The Italian National Fashion Chamber has tapped Joy Meribe, Nigeria-born designer, to open six days of womenswear previews for Spring-Summer 2022 after her inaugural collection for the “We are Made in Italy” initiative last year found commercial success.
Meribe’s “We are Made in Italy” collection is a movement to promote diversity in Italian fashion.
“Beyond whatever video, proclamation or manifesto that we make, the real test is whether clients buy your products. Joy passed that exam,” said Italian-Haitian designer Stella Jean, who helped launch the initiative in the summer of 2020, asking the question, “Do Black Lives Matter in Italian Fashion?” inspired by the U.S. movement and following racists gaffes by major Italian fashion houses.
“It wouldn’t have been so quick, if there wasn’t an acceleration from the United States,” said Jean, who basked in the early achievement in the front row alongside Italy-based U.S.-born designer Edward Buchanan and Afro Fashion Week Milano founder Michelle Ngonmo.
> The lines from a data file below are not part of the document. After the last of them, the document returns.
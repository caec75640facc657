-- ===== src/Calls/Document.antt =====
-- `PlotDocument` and `SvgRender` of rust/assets/hep-viewer.js: each method as a call of its export.
use ggsql_duckdb.Prelude.{
  ℕ, ◌*◌, ◌%◌, Bool, true, false, not, Option, none, some, List, [], ◌∷◌, ◌++◌, ◌==◌, ◌+◌,
  if◌then◌else◌,
}
use ggsql_duckdb.Boot.Init.{Bytes, Text}
use ggsql_duckdb.Glue.Heap.{JsValue}
use ggsql_duckdb.Glue.Owned.{Wrapper}
use ggsql_duckdb.Calls.Machine.{
  ℤ, pos, negsuc, to_uint32, Block, Outcome, returned, Call, Request, hint_dpi, hint_height,
  hint_width, is_dark, is_transparent, pick_ids, set_dark, set_pick_ids, set_transparent, load,
  to_svg, svg, warnings, Exports, Browser, pure, throw, bind_outcome, ◌>>=◌, ◌>>◌, after_finally,
  try_finally, call,
}
use ggsql_duckdb.Calls.Access.{
  get_int32, get_float64, take_value, get_array_js_value, get_text, wasm_vector_len,
  pass_array8_to_wasm, pass_string_to_wasm,
}

-- `r !== 0`, and a number as a condition
abbrev pub truthy : ℤ → Bool
truthy (pos n) = not (n == 0)
truthy (negsuc n) = true

-- `__wrap`: the object that holds the address. The blocks of all objects are in Glue/Owned.
abbrev pub wrapped : ℕ → Wrapper
wrapped ptr = record { ptr = ptr; held = some ptr; collected = false }

-- The block of a text, and of an array of `len` indices.
abbrev pub text_block : ℤ → ℤ → Block
text_block ptr len = record { address = to_uint32 ptr; size = to_uint32 len; alignment = 1 }

abbrev pub array_block : ℤ → ℤ → Block
array_block ptr len = record {
  address = to_uint32 ptr;
  size = to_uint32 len * 4 % 4294967296;
  alignment = 4;
}

-- `deferred1_0` and `deferred1_1` as the wasm side takes them: `undefined` is taken as 0.
abbrev pub deferred : Outcome (ℤ × ℤ) → ℤ × ℤ
deferred (returned r) = r
deferred _ = (pos 0, pos 0)

-- `throw takeObject(r)` if the flag is set
abbrev pub throw_taken : Browser → ℤ → ℤ → Call (Unit {0})
throw_taken browser flag r = if truthy flag then (do e ← take_value browser r; throw e) else pure tt

module _ (exports : Exports) where
  abbrev pub run : Request → Call ℕ
  run r = call (exports.run r)

  -- `wasm.__wbindgen_add_to_stack_pointer(…)`; -16 is 4294967280 as 32 bits
  abbrev pub move_stack : ℕ → Call ℕ
  move_stack n = call (exports.add_to_stack_pointer n)

  -- `wasm.__wbindgen_export3(…)`
  unfoldable pub free_block : Block → Call ℕ
  free_block b w =
      call (exports.free b.address b.size b.alignment) (record w { frees = w.frees ++ (b ∷ []) })

  -- `try { const retptr = …(-16); … } finally { …(16); }`
  unfoldable pub frame : {A : Type 0} → (ℕ → Call A) → Call A
  frame body = try_finally (move_stack 4294967280 >>= body) (move_stack 16)

  -- `isDark`, `isTransparent`, `pickIds` and `hasFonts`, each with its export
  unfoldable pub get_flag : Request → Call Bool
  get_flag r = do ret ← run r; pure (not (ret == 0))

  unfoldable pub get_is_dark : ℕ → Call Bool
  get_is_dark ptr = get_flag (is_dark ptr)

  unfoldable pub get_is_transparent : ℕ → Call Bool
  get_is_transparent ptr = get_flag (is_transparent ptr)

  unfoldable pub get_pick_ids : ℕ → Call Bool
  get_pick_ids ptr = get_flag (pick_ids ptr)

  -- `setDark`, `setPickIds` and `setTransparent`
  unfoldable pub call_set_dark : ℕ → Bool → Call ℕ
  call_set_dark ptr dark = run (set_dark ptr dark)

  unfoldable pub call_set_pick_ids : ℕ → Bool → Call ℕ
  call_set_pick_ids ptr on = run (set_pick_ids ptr on)

  unfoldable pub call_set_transparent : ℕ → Bool → Call ℕ
  call_set_transparent ptr transparent = run (set_transparent ptr transparent)

  module _ (browser : Browser) where
    -- what the three hints do between the stack moves
    abbrev pub read_hint : (ℕ → Request) → ℕ → Call (Option Bytes)
    read_hint request retptr = do
      run (request retptr)
      r0 ← get_int32 browser retptr
      r2 ← get_float64 browser (retptr + 8)
      pure (if truthy r0 then some r2 else none)

    unfoldable pub get_hint_dpi : ℕ → Call (Option Bytes)
    get_hint_dpi ptr = frame (read_hint λ retptr. hint_dpi retptr ptr)

    unfoldable pub get_hint_height : ℕ → Call (Option Bytes)
    get_hint_height ptr = frame (read_hint λ retptr. hint_height retptr ptr)

    unfoldable pub get_hint_width : ℕ → Call (Option Bytes)
    get_hint_width ptr = frame (read_hint λ retptr. hint_width retptr ptr)

    abbrev pub read_document : Bytes → ℕ → Call Wrapper
    read_document doc retptr = do
      ptr0 ← pass_array8_to_wasm browser exports doc
      len0 ← wasm_vector_len browser exports
      run (load retptr ptr0 len0)
      r0 ← get_int32 browser retptr
      r1 ← get_int32 browser (retptr + 4)
      r2 ← get_int32 browser (retptr + 8)
      throw_taken browser r2 r1
      pure (wrapped (to_uint32 r0))

    -- `PlotDocument.load`
    unfoldable pub load_document : Bytes → Call Wrapper
    load_document doc = frame (read_document doc)

    -- `toSvg`
    unfoldable pub draw_svg : ℕ → Bytes → Bytes → Text → Call Wrapper
    draw_svg ptr width height id_prefix = do
      ptr0 ← pass_string_to_wasm browser exports id_prefix
      len0 ← wasm_vector_len browser exports
      ret ← run (to_svg ptr width height ptr0 len0)
      pure (wrapped ret)

    -- The two words that an export leaves.
    abbrev pub read_pair : (ℕ → Request) → ℕ → Call (ℤ × ℤ)
    read_pair request retptr = do
      run (request retptr)
      r0 ← get_int32 browser retptr
      r1 ← get_int32 browser (retptr + 4)
      pure (r0, r1)

    -- The getter `svg`: from the assignment of the deferred values on, or from the error that has
    -- come before it, the rest of the `try` and the `finally`.
    unfoldable pub finish_svg : Outcome (ℤ × ℤ) → Call Text
    finish_svg r v =
        let (s, u) = bind_outcome r (λ p. get_text browser p.0 p.1) v in
        let (t, x) = (move_stack 16 >> free_block (text_block (deferred r).0 (deferred r).1)) u in
        (after_finally s t, x)

    unfoldable pub svg_getter : ℕ → Call Text
    svg_getter ptr w =
        let (r, v) = (move_stack 4294967280 >>= read_pair λ retptr. svg retptr ptr) w in
        finish_svg r v

    -- From the words of an array of values to the values, with the block given back.
    abbrev pub receive_array : ℤ → ℤ → Call (List JsValue)
    receive_array r0 r1 = do
      v1 ← get_array_js_value browser r0 r1
      free_block (array_block r0 r1)
      pure v1

    -- The getter `warnings`
    unfoldable pub warnings_getter : ℕ → Call (List JsValue)
    warnings_getter ptr =
        frame λ retptr. read_pair (λ p. warnings p ptr) retptr >>= λ r. receive_array r.0 r.1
ASSOCIATED PRESS reports that Meribe broke down in tears after the show as she thanked the fashion chamber and the movement’s founders for getting her to the runway.
The collection featured tiered and ruffled skirts and jackets with built-in capes that were both regal, as seen in an off-shoulder dress sweeping the ground, and hip, including a mini day-dresses and shoulder-baring tunic. Textiles were an explosion of bright yellow against an aqua blue, with tropic prints featuring thatched cottages against flourishing banana trees, which Meribe said was meant to celebrate a return to more normality.

“We have passed from a dark moment, and I wanted to create something full of hope and light, the joy of restarting,” she said backstage.
The initiative that launched Meribe opened its second edition this fashion week, an all-female group of designers working in Italy with roots in Togo, Morocco, Haiti, Cuba and India, following last year’s “Fab Five” inaugural class of all African-born designers.
In this year’s “Fab Five” class, Judith Borsetto created a line of shoes and hosiery with embroidered details for her Judith Saint Jermain label, recalling her birth name in Haiti before she was adopted by an Italian family at age 4. Zineb Hazim designed a line of business wear for abaja-wearing Muslim women, using European plaids on the long garments, which were double-sided to extend a business traveler’s wardrobe.
Fallylah Nyny Ryke Goungou sourced woven fabrics from her native Togo in western Africa for looks inspired by her love of Japan and know-how in her adopted Italy. Romy Calzado, a former textile designer born in Cuba, created a collection with honeycomb graphic elements on fabrics with anti-viral properties, while Sheetal Shah, originally from India, designed an all-denim collection from textiles treated to resist water and wear longer.